In the basement of her home in Chicago, beyond the bicycles and hockey equipment, she has a plastic container which houses Gacy's brain, donated to her by his family after he was executed in 1994. It's hidden in an old cardboard box so her kids don't see it and she hopes it will help with research into the mind of the serial killer.

"I wanted to study it. I have slices of his organs too, heart, liver, lungs, pancreas and intestine, skin, and they're all in the basement as well," she says.

She only told her sons, now 18 and 11, the nature of her work earlier this year. Before then, they just thought she was a psychiatrist. She will not allow them to read her latest memoir, My Life Among The Serial Killers, until they are 21.

"They were very matter-of-fact about it. The younger one thought it was really interesting, but I won't let him read it for a few years yet."

Even now, her mailbox is a magnet for cranks. She regularly receives letters from prisoners, psychotics and other oddballs who have found out what she does, and much of the text is threatening.

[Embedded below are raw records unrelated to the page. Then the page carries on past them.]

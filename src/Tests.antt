-- ===== src/Tests.antt =====
-- The theorems at concrete inputs.
mod Responses
mod Requests
mod Given
mod Servers
mod Configs
mod Clients
mod Writes
mod Addresses
mod Plugins
mod Deliveries
mod Starved
mod Working
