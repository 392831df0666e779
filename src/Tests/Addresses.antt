-- ===== src/Tests/Addresses.antt =====
-- Addresses of the application.
use ats_fastcgi.Common.{◌≡◌, [], ◌∷◌, some, ok, codes, arith, decimal_before}
use ats_fastcgi.Connection.Address.{address_of, address_of-decimal}

address_of-decimal_example :
    address_of (some (codes "192.168.0.7")) (some (codes "9000"))
    ≡ ok (record { sin_addr = 192 ∷ 168 ∷ 0 ∷ 7 ∷ []; sin_port = 35 ∷ 40 ∷ [] })
unfolding decimal_before
address_of-decimal_example =
    address_of-decimal 192 168 0 7 9000 (omega arith) (omega arith) (omega arith) (omega arith)
      (omega arith)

Her real life with the serial killers she meets is a far cry from Agent Clarice Starling's dealings with the deadly Dr Hannibal Lecter in The Silence Of The Lambs, which Helen says is far too simplistic and unrealistic in setting.

"It's much more clinical than that. When you visit a prison, you go through the gauntlet of being searched and told you can't bring in certain things and it can be quite intimidating," she says.

WHEN she interviews the deranged killers who have wreaked havoc on society, they are not handcuffed or restrained in any way and often the guards leave the room, leaving Helen alone with them.

On one occasion, she was visiting a prisoner on Death Row in Texas for the first time and the guards just left and locked the door behind them.

"I do feel vulnerable," she admits. "I can't predict what they are going to do, as I could with somebody who's psychotic and I can watch their facial expressions change and the madness come into their eyes. I can't do that with serial killers.

"What I have learned to do over time is completely shut off any emotion that I have because it's infectious."

Yet she's never been attacked by any of her subjects, although on one occasion, a serial killer came into the room with a towel draped over his shoulder, which was pretty threatening as he'd killed a number of women by strangling them with a towel.

She coolly told him they would be disposing of it before their interview commenced.

Being a psychiatrist, she says she is well trained to block out the horrors she sees daily when she walks through the front door to her family, although if she's had a prolonged period in the company of one of her subjects, she'll try to take extra time out before she goes home.

"You have to be able to separate what you see and what you do from what happens at home. I've learned to put up boundaries. It's not easy and I have to work at it.

"But I don't have nightmares, which I thought I would. I have dreams about other things but not about serial killers."

To block the horrors from her mind when she's at home, she's an enthusiastic cook.

"I make jam, preserves, soups and I get involved in domestic things. That's therapy for me."

However, certain things in everyday life may trigger a thought of something horrific she has come across in her work.

"A particular cut of roast that looks like a muscle has momentarily stopped me in the past, but then I just put it away. But it does happen, particularly when you realise that a lot of these serial killers do use their victims for food."

* My Life Among The Serial Killers, by Helen Morrison with Harold Goldberg (Wiley, £16.99).